Stored data
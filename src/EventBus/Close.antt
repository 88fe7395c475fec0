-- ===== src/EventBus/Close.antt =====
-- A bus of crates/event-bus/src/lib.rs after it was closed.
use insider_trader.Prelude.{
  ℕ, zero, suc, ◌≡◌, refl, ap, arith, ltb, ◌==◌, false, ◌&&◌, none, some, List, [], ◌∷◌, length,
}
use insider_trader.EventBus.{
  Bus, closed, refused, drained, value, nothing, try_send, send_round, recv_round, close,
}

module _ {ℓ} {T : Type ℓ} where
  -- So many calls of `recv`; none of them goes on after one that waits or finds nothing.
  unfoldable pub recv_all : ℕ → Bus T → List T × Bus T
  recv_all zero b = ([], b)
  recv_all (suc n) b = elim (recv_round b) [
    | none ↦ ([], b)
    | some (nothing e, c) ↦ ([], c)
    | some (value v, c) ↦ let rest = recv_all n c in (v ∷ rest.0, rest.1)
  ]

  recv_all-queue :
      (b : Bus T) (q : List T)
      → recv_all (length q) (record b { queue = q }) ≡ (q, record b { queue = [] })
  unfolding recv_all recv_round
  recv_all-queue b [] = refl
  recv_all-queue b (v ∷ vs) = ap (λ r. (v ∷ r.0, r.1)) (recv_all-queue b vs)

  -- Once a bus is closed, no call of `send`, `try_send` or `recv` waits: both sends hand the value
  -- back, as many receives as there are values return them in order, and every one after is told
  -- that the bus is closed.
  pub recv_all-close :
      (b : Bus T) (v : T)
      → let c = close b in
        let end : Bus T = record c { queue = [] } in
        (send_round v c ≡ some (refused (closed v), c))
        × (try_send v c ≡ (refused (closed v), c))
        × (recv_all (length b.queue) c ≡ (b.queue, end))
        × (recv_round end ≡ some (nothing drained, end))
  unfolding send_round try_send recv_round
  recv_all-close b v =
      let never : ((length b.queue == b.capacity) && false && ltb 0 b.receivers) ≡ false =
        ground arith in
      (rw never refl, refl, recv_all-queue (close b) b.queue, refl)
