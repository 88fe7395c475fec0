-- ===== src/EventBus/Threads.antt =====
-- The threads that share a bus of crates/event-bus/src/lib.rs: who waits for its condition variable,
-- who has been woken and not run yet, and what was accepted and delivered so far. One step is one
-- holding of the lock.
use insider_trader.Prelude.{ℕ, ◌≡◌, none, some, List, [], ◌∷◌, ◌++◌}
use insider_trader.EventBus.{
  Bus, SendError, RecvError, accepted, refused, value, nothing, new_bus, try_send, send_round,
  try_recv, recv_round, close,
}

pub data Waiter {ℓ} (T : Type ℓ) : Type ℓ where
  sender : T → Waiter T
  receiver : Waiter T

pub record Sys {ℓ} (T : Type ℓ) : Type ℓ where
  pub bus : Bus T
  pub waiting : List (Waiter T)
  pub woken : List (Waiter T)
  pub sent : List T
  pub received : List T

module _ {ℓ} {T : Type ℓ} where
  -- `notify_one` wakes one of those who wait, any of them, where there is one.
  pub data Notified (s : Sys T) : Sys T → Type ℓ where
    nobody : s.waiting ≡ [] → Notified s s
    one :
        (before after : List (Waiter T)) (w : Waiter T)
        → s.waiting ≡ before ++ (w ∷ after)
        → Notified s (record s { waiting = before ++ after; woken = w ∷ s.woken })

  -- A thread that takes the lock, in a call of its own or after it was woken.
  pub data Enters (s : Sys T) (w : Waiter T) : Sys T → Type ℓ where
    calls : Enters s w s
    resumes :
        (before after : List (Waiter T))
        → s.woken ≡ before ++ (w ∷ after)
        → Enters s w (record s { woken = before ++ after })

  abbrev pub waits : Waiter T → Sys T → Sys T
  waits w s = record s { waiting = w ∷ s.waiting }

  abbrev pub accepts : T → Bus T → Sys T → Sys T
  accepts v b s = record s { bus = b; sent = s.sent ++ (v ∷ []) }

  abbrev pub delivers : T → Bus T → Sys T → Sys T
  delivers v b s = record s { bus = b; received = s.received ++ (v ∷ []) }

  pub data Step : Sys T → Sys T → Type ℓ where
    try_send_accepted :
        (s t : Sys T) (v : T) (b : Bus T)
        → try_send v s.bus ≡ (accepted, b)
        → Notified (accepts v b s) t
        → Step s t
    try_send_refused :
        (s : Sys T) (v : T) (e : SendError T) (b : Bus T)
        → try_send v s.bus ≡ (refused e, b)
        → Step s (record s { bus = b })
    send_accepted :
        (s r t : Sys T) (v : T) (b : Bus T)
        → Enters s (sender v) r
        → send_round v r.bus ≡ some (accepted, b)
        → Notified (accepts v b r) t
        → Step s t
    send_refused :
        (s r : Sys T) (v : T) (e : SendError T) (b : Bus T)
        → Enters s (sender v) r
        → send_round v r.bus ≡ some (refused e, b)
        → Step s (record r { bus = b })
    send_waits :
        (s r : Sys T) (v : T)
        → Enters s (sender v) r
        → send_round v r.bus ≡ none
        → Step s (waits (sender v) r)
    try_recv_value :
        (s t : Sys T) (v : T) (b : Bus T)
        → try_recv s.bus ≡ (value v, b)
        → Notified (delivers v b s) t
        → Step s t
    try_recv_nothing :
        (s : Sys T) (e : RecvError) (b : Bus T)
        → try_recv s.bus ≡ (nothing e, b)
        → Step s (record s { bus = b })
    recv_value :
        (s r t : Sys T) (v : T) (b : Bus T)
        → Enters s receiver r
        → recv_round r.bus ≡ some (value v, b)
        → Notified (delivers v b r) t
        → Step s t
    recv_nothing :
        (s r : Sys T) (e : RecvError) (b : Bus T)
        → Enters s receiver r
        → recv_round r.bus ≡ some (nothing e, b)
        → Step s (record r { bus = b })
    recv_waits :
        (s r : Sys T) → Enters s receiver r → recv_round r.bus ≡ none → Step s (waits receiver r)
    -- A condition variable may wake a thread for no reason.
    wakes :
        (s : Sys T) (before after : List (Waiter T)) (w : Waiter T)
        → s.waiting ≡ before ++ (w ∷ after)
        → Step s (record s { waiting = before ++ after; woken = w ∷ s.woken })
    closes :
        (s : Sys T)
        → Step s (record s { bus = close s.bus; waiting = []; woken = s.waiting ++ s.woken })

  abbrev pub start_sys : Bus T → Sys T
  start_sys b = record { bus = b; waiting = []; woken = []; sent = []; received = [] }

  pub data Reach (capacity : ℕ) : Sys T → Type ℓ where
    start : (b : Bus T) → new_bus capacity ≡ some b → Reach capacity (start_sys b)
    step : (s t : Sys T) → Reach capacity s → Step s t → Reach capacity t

* WHAT THIS TASK INVOLVES *
For this exercise, output exactly the lines above from the line with "c ≡ (refused (closed v), c))" to the line with "-- who has been", counting both, and leave out the rest.

* RESULT FOR THIS EXERCISE *
        × (try_send v c ≡ (refused (closed v), c))
        × (recv_all (length b.queue) c ≡ (b.queue, end))
        × (recv_round end ≡ some (nothing drained, end))
  unfolding send_round try_send recv_round
  recv_all-close b v =
      let never : ((length b.queue == b.capacity) && false && ltb 0 b.receivers) ≡ false =
        ground arith in
      (rw never refl, refl, recv_all-queue (close b) b.queue, refl)
repository 88fe7395c475fec0
-- ===== src/EventBus/Threads.antt =====
-- The threads that share a bus of crates/event-bus/src/lib.rs: who waits for its condition variable,
-- who has been woken and not run yet, and what was accepted and delivered so far. One step is one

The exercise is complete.